We ignite a conversation with a couple next to us who tell us of a scam they've fallen victim to - buying a dictionary for a cute young boy. As they since learned, the boy then takes the dictionary back to the bookstore and pockets 50% of the original purchase price
South Cafe
! The next morning Raul spots us and heads in our direction saying "Hello friend, will you buy me a dictionary today?" J responds with a firm "No, I won't be buying you a dictionary" and Raul's charismatic facade shifts to one demanding pity . "Why not friend, you promised, you promised!". J kneels down, looks Raul in the eye and says "Because I know it's a scam". "What scam! What scam! You promised to buy me a dictionary!", his voice takes on an angry tone. J then explains his understanding of the process that would unfold once the book is purchased. Raul begins fuming and rattling off a series of Hindi curses and stomps away. For the next few days, every time we cross paths with Raul, he voices his disapproval of us. What a change! He was such a charming young boy. We spend a couple of days pondering the many layers of the experience.

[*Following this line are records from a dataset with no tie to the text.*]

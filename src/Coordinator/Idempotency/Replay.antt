-- ===== src/Coordinator/Idempotency/Replay.antt =====
-- One request is one answer: the copies of a connect get the bytes of the first one.
use bacchus.Shared.{
  ℕ, ◌+◌, ◌≤◌, List, [], ◌∷◌, ◌++◌, false, ◌≡◌, ◌≢◌, refl, Option, none, some, Bytes, All, arith,
  bytes_eq, bytes_eq_iff, bytes_eq_refl, Bool-cases, inl, inr,
}
use bacchus.Delegation.Envelope.{NoNul, nul_separates}
use bacchus.Coordinator.Idempotency.{
  MintedConnect, Entry, connect_dedupe_ttl, connect_key, find, put, is_expired,
  replay_minted_connect, pair_and_reply, prune_minted_connects,
}

-- What happens to the table: a connect is answered, or the table is swept.
pub data Step (W : Type 0) : Type 0 where
  pairs : Option Bytes → Bytes → Option Bytes → W → W → ℕ → Step W
  prunes : ℕ → Step W

other_key :
    (src s nonce n : Bytes)
    → NoNul src
    → NoNul s
    → ¬ ((s ≡ src) × (n ≡ nonce))
    → bytes_eq (connect_key (some s) n) (connect_key (some src) nonce) ≡ false
unfolding connect_key
other_key src s nonce n hs hs' other =
    elim (Bool-cases (bytes_eq (s ++ (0 ∷ n)) (src ++ (0 ∷ nonce)))) [
      | inr differ ↦ differ
      | inl same ↦ absurd (
          other (
            nul_separates s src n nonce hs' hs
              ((bytes_eq_iff (s ++ (0 ∷ n)) (src ++ (0 ∷ nonce))).0 same)))
    ]

module _ {W : Type 0} where
  unfoldable pub step : Step W → List (Entry W) → List (Entry W)
  step (pairs src nonce peer assign reply now) t =
      (pair_and_reply src nonce peer assign reply now t).1
  step (prunes now) t = prune_minted_connects now t

  unfoldable pub run : List (Step W) → List (Entry W) → List (Entry W)
  run [] t = t
  run (s ∷ ss) t = run ss (step s t)

  -- Another client's connect, or another one of this client, or a sweep in time.
  abbrev pub IsOther : Bytes → Bytes → ℕ → Step W → Type 0
  IsOther src nonce at (pairs none n _ _ _ _) = Unit
  IsOther src nonce at (pairs (some s) n _ _ _ _) = NoNul s × ¬ ((s ≡ src) × (n ≡ nonce))
  IsOther src nonce at (prunes now) = now ≤ at + connect_dedupe_ttl

  find-put_same :
      (key : Bytes) (m : MintedConnect W) (t : List (Entry W)) → find key (put key m t) ≡ some m
  unfolding find put
  find-put_same key m [] = ground (arith, bytes_eq_refl key)
  find-put_same key m (e ∷ es) = ground (arith, bytes_eq_refl key, find-put_same key m es)

  find-put_other :
      (key other : Bytes) (m : MintedConnect W) (t : List (Entry W))
      → bytes_eq other key ≡ false
      → find key (put other m t) ≡ find key t
  unfolding find put
  find-put_other key other m [] h = ground arith
  find-put_other key other m (e ∷ es) h =
      ground (arith, find-put_other key other m es h, bytes_eq_iff e.key other)

  find-prune :
      (key : Bytes) (now : ℕ) (m : MintedConnect W) (t : List (Entry W))
      → find key t ≡ some m
      → is_expired now m ≡ false
      → find key (prune_minted_connects now t) ≡ some m
  unfolding find prune_minted_connects
  find-prune key now m [] h fresh = ground arith
  find-prune key now m (e ∷ es) h fresh = elim (Bool-cases (bytes_eq e.key key)) [
    | inl here ↦ ground arith
    | inr there ↦ ground (arith, find-prune key now m es (ground arith) fresh)
  ]

  step_keeps :
      (src nonce : Bytes) (m : MintedConnect W) (s : Step W) (t : List (Entry W))
      → NoNul src
      → IsOther src nonce m.at s
      → find (connect_key (some src) nonce) t ≡ some m
      → find (connect_key (some src) nonce) (step s t) ≡ some m
  unfolding step pair_and_reply is_expired
  step_keeps src nonce m (pairs none n p a r now) t hs other h = h
  step_keeps src nonce m (pairs (some s) n p a r now) t hs other h =
      let k = connect_key (some src) nonce in
      let kept =
        find-put_other k (connect_key (some s) n)
          (record { peer = p; assign = a; reply = r; at = now }) t
          (other_key src s nonce n hs other.0 other.1) in
      ground (arith, kept)
  step_keeps src nonce m (prunes now) t hs other h =
      find-prune (connect_key (some src) nonce) now m t h (unfold is_expired in ground arith)

  run_keeps :
      (src nonce : Bytes) (m : MintedConnect W) (ss : List (Step W)) (t : List (Entry W))
      → NoNul src
      → All (IsOther src nonce m.at) ss
      → find (connect_key (some src) nonce) t ≡ some m
      → find (connect_key (some src) nonce) (run ss t) ≡ some m
  unfolding run
  run_keeps src nonce m [] t hs others h = h
  run_keeps src nonce m (s ∷ ss) t hs others h =
      run_keeps src nonce m ss (step s t) hs others.1 (step_keeps src nonce m s t hs others.0 h)

  -- A copy of a connect that comes within 30 seconds of the first is answered with exactly what was
  -- sent for the first, to the node and to the client, whatever other connects were answered in
  -- between and whenever the table was swept in that time. The connect has a nonce and was paired
  -- with a node, and no address holds a NUL.
  pub replay_repeats :
      (src nonce peer : Bytes) (assign reply : W) (at now : ℕ) (t : List (Entry W))
      (ss : List (Step W))
      → NoNul src
      → nonce ≢ []
      → All (IsOther src nonce at) ss
      → now ≤ at + connect_dedupe_ttl
      → let (sent, t') = pair_and_reply (some src) nonce (some peer) assign reply at t in
        replay_minted_connect (some src) nonce now (run ss t') ≡ some sent
  unfolding replay_minted_connect pair_and_reply is_expired
  replay_repeats src [] peer assign reply at now t ss hs named others in_time = absurd (named refl)
  replay_repeats src (c ∷ nonce) peer assign reply at now t ss hs named others in_time =
      let m : MintedConnect W = record {
        peer = some peer;
        assign = assign;
        reply = reply;
        at = at;
      } in
      let k = connect_key (some src) (c ∷ nonce) in
      let kept = run_keeps src (c ∷ nonce) m ss (put k m t) hs others (find-put_same k m t) in
      ground (arith, kept)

Later, talking to one of the waiters at OM, we learn the same scam works with all sorts of merchandise from packets of chips to cans of Horlicks. He fills in many more details. We learn that Raul and his friends, despite their apparent intelligence, don't frequent school and are most likely illiterate. Instead they fill in their days wandering the streets looking for unsuspecting tourists. Part of the proceeds of their scams, which numerous shop owners partake in, are often spent on alcohol and cigarettes. The parents of the boys don't do anything to discourage them because of the extra money they bring in. Such a shame to think that these boys are forgoing their education - probably the only chance they have of emerging from their impoverished existence - for a few extra dollars.
We meet many fellow travellers during our stay including a number from the vipassana centre. While our original intention was to travel north to Darjeeling, in part to escape the rising temperature, we instead convince ourselves to make our next stop the holy city of Varanasi.